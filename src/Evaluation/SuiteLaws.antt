-- ===== src/Evaluation/SuiteLaws.antt =====
-- What the counts, the gate and the evidence of a suite say of its records.
use prompt_performance_engin.Prelude.{
  ℕ, ◌+◌, ◌≤◌, ◌<◌, ◌≡◌, Bool, true, false, List, [], ◌∷◌, length, count_if, arith, refl, All, ap,
  Bool-cases, ◌&&◌, String, inl, leb, not, str_eq, ◌∙◌, inr, sym, Option, subst, suc, is_empty,
}
use prompt_performance_engin.Evaluation.Judging.{
  Outcome, loss, is_loss, aggregate_judges, aggregate_judges-loss,
}
use prompt_performance_engin.Evaluation.Run.{CaseRecord, Executor, Judge, evaluate_case}
use prompt_performance_engin.Evaluation.RunLaws.{
  IsConsistent, decisions_of, evaluate_case-IsConsistent, names_of,
}
use prompt_performance_engin.Evaluation.Suite.{
  won, regressed, tied, flawed, lost, SuiteResult, evaluate_suite, failed_hard, gate, suite_result,
  gate_of,
}
use prompt_performance_engin.Prelude.Result.{ok, raise_if}
use prompt_performance_engin.Evaluation.Case.{
  no_cases, JudgeDecision, EvaluationCase, empty_suite_id, no_cases,
}
use prompt_performance_engin.Evaluation.HardChecks.{Host}
use prompt_performance_engin.Prelude.Value.{ℤ}
use prompt_performance_engin.Prelude.Action.{for_each, through, lift, ended_eq}
use prompt_performance_engin.Prelude.Text.{is_blank}
use prompt_performance_engin.Evidence.{validate, infer_evidence_ceiling}

-- Every record has one outcome.
outcomes_add_up :
    (rs : List CaseRecord) → count_if won rs + count_if tied rs + count_if lost rs ≡ length rs
outcomes_add_up [] = refl
outcomes_add_up (r ∷ rs) = ground (arith, outcomes_add_up rs)

outcome_lost : (o : Outcome) → o ≡ loss → is_loss o ≡ true
outcome_lost o e = cc

-- The flag of the aggregate stands for a loss.
aggregate_flaw :
    (ds : List JudgeDecision) (b : Bool) (o : Outcome) (f : Bool)
    → aggregate_judges ds b ≡ (o, f)
    → f ≡ true
    → o ≡ loss
aggregate_flaw ds b o f e h =
    sym (ap (λ x. x.0) e) ∙ aggregate_judges-loss ds b (ap (λ x. x.1) e ∙ h)

only_original :
    (r : CaseRecord)
    → r.original_checks.passed ≡ true
    → r.optimized_checks.passed ≡ false
    → (r.original_checks.passed && not r.optimized_checks.passed) ≡ true
only_original r o q = ground arith

flaw_lost :
    (n : List String) (r : CaseRecord)
    → IsConsistent n r
    → r.fatal_flaw ≡ true
    → is_loss r.outcome ≡ true
flaw_lost n r v h = elim (Bool-cases r.optimized_checks.passed) [
  | inl p ↦ ap is_loss (
      aggregate_flaw (decisions_of r.judge_decisions) r.optimized_is_a r.outcome r.fatal_flaw
        (v.judged p).2 h)
  | inr q ↦ elim (Bool-cases r.original_checks.passed) [
    | inl o ↦ cc ((v.critical (v.flag ∙ only_original r o q)).1)
    | inr o ↦ cc ((v.both o q).1)
  ]
]

-- A consistent record with a critical regression or a fatal flaw is a loss, and never both.
regression_or_flaw :
    (n : List String) (r : CaseRecord)
    → IsConsistent n r
    → (regressed r ≡ true → lost r ≡ true)
      × (flawed r ≡ true → lost r ≡ true)
      × (regressed r ≡ true → flawed r ≡ false)
regression_or_flaw n r v =
    ((λ h. ap is_loss (v.critical h).0), (λ h. flaw_lost n r v h), (λ h. (v.critical h).1))

regressions-le-losses :
    (n : List String) (rs : List CaseRecord)
    → All (IsConsistent n) rs
    → count_if regressed rs + count_if flawed rs ≤ count_if lost rs
regressions-le-losses n [] v = omega arith
regressions-le-losses n (r ∷ rs) (v, vs) =
    ground (arith, regression_or_flaw n r v, regressions-le-losses n rs vs)

records-IsConsistent :
    {W S : Type 0} (host : Host S) (first_byte : ℤ → String → ℕ) (executor : Executor W)
    (judges : List (Judge W)) (seed : ℤ) (sandbox : Option S) (original optimized : String)
    (cases : List EvaluationCase) (w v : W) (rs : List CaseRecord)
    → for_each
        (evaluate_case host first_byte executor judges seed sandbox original optimized)
        cases
        w
      ≡ (ok rs, v)
    → (length rs ≡ length cases) × All (IsConsistent (names_of judges)) rs
records-IsConsistent host first_byte executor judges seed sandbox original optimized [] w v rs h =
    subst (λ xs. (length xs ≡ 0) × All (IsConsistent (names_of judges)) xs) (ended_eq h).0
      (refl, tt)
records-IsConsistent host first_byte executor judges seed sandbox original optimized (c ∷ cs) w v rs
      h =
    let run = evaluate_case host first_byte executor judges seed sandbox original optimized in
    let (r, u, first, rest) = through (run c) _ w h in
    let (rs', u', others, made) = through (for_each run cs) _ u rest in
    let (same, valid) =
      records-IsConsistent host first_byte executor judges seed sandbox original optimized cs u u'
        rs' others in
    subst (λ xs. (length xs ≡ suc (length cs)) × All (IsConsistent (names_of judges)) xs)
      (ended_eq made).0
      (
        ap suc same,
        (
          (evaluate_case-IsConsistent host first_byte executor judges seed sandbox original
              optimized c w u r first).0,
          valid,
        ),
      )

-- The records of a result, and what its numbers say of them.
abbrev pub Tallies : ℕ → List String → SuiteResult → Type 0
Tallies cases judges s =
    (s.case_count ≡ cases)
    × (s.wins + s.ties + s.losses ≡ cases)
    × (s.critical_regressions + s.fatal_flaws ≤ s.losses)
    × All (IsConsistent judges) s.records

suite_result-Tallies :
    (suite_id : String) (rs : List CaseRecord) (cases : ℕ) (judges : List String)
    → length rs ≡ cases
    → All (IsConsistent judges) rs
    → Tallies cases judges (suite_result suite_id rs)
unfolding suite_result
suite_result-Tallies suite_id rs cases judges e v =
    (e, outcomes_add_up rs ∙ e, regressions-le-losses judges rs v, v)

-- A suite that returns has a consistent record for each case; wins, ties and losses add up to the
-- number of cases; and critical regressions and fatal flaws, which never meet in one record, are
-- together no more than the losses.
pub evaluate_suite-Tallies :
    {W S : Type 0} (host : Host S) (first_byte : ℤ → String → ℕ) (executor : Executor W)
    (judges : List (Judge W)) (seed : ℤ) (sandbox : Option S) (suite_id original optimized : String)
    (cases : List EvaluationCase) (w v : W) (s : SuiteResult)
    → evaluate_suite host first_byte executor judges seed sandbox suite_id original optimized cases
        w
      ≡ (ok s, v)
    → Tallies (length cases) (names_of judges) s
unfolding evaluate_suite
evaluate_suite-Tallies host first_byte executor judges seed sandbox suite_id original optimized
      cases w v s h =
    let (t, w', named, h1) = through (lift (raise_if (is_blank suite_id) empty_suite_id)) _ w h in
    let (t', w2, some_, h2) = through (lift (raise_if (is_empty cases) no_cases)) _ w' h1 in
    let (rs, w3, ran, made) =
      through
        (for_each (evaluate_case host first_byte executor judges seed sandbox original optimized)
          cases)
        _ w2 h2 in
    let (same, valid) =
      records-IsConsistent host first_byte executor judges seed sandbox original optimized cases w2
        w3 rs ran in
    subst (Tallies (length cases) (names_of judges)) (ended_eq made).0
      (suite_result-Tallies suite_id rs (length cases) (names_of judges) same valid)

none_failed :
    (rs : List CaseRecord)
    → count_if failed_hard rs ≡ 0
    → All (λ r. r.optimized_checks.passed ≡ true) rs
none_failed [] h = tt
none_failed (r ∷ rs) h = ground (arith, none_failed rs)

gate-facts :
    (n wins losses critical fatal failures : ℕ)
    → gate n wins losses critical fatal failures ≡ true
    → (5 ≤ n) × (losses < wins) × (critical ≡ 0) × (fatal ≡ 0) × (failures ≡ 0)
unfolding gate
gate-facts n wins losses critical fatal failures h = ground arith

-- The gate asks for five cases itself.
gate_needs_five :
    (n wins losses critical fatal failures : ℕ)
    → (leb 5 n && gate n wins losses critical fatal failures)
      ≡ gate n wins losses critical fatal failures
unfolding gate
gate_needs_five n wins losses critical fatal failures = ground arith

-- When the gate of a result passes, every optimized output passed its hard checks, there is no
-- critical regression and no fatal flaw, at least five cases were run and more were won than lost.
-- The evidence is verified, and of level E2, exactly then; it is never higher.
pub gate_passed_lem :
    (suite_id : String) (rs : List CaseRecord)
    → let s = suite_result suite_id rs in
      (s.gate_passed ≡ true
        → All (λ r. r.optimized_checks.passed ≡ true) s.records
          × (5 ≤ s.case_count)
          × (s.losses < s.wins)
          × (s.critical_regressions ≡ 0)
          × (s.fatal_flaws ≡ 0))
      × (str_eq s.evidence.level "E2" ≡ s.gate_passed)
      × (str_eq s.evidence.status "verified_scoped" ≡ s.gate_passed)
      × (validate s.evidence ≡ ok tt)
unfolding suite_result gate_of
gate_passed_lem suite_id rs =
    let n = length rs in
    let g = gate_of rs in
    let facts = infer_evidence_ceiling true g false false n 0 in
    let five =
      gate_needs_five n (count_if won rs) (count_if lost rs) (count_if regressed rs)
        (count_if flawed rs) (count_if failed_hard rs) in
    (
      (λ h.
          let f =
            gate-facts n (count_if won rs) (count_if lost rs) (count_if regressed rs)
              (count_if flawed rs) (count_if failed_hard rs) h in
          (none_failed rs f.4, f.0, f.1, f.2, f.3)),
      facts.2 ∙ five,
      facts.3 ∙ five,
      facts.0,
    )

#### TASK INSTRUCTIONS:
In the listing above, locate the line containing "-- A consistent" and the line containing "regressions-le-losses n (r". Transcribe those two lines and everything between them, exactly as written.

#### EXERCISE RESPONSE:
-- A consistent record with a critical regression or a fatal flaw is a loss, and never both.
regression_or_flaw :
    (n : List String) (r : CaseRecord)
    → IsConsistent n r
    → (regressed r ≡ true → lost r ≡ true)
      × (flawed r ≡ true → lost r ≡ true)
      × (regressed r ≡ true → flawed r ≡ false)
regression_or_flaw n r v =
    ((λ h. ap is_loss (v.critical h).0), (λ h. flaw_lost n r v h), (λ h. (v.critical h).1))

regressions-le-losses :
    (n : List String) (rs : List CaseRecord)
    → All (IsConsistent n) rs
    → count_if regressed rs + count_if flawed rs ≤ count_if lost rs
regressions-le-losses n [] v = omega arith
regressions-le-losses n (r ∷ rs) (v, vs) =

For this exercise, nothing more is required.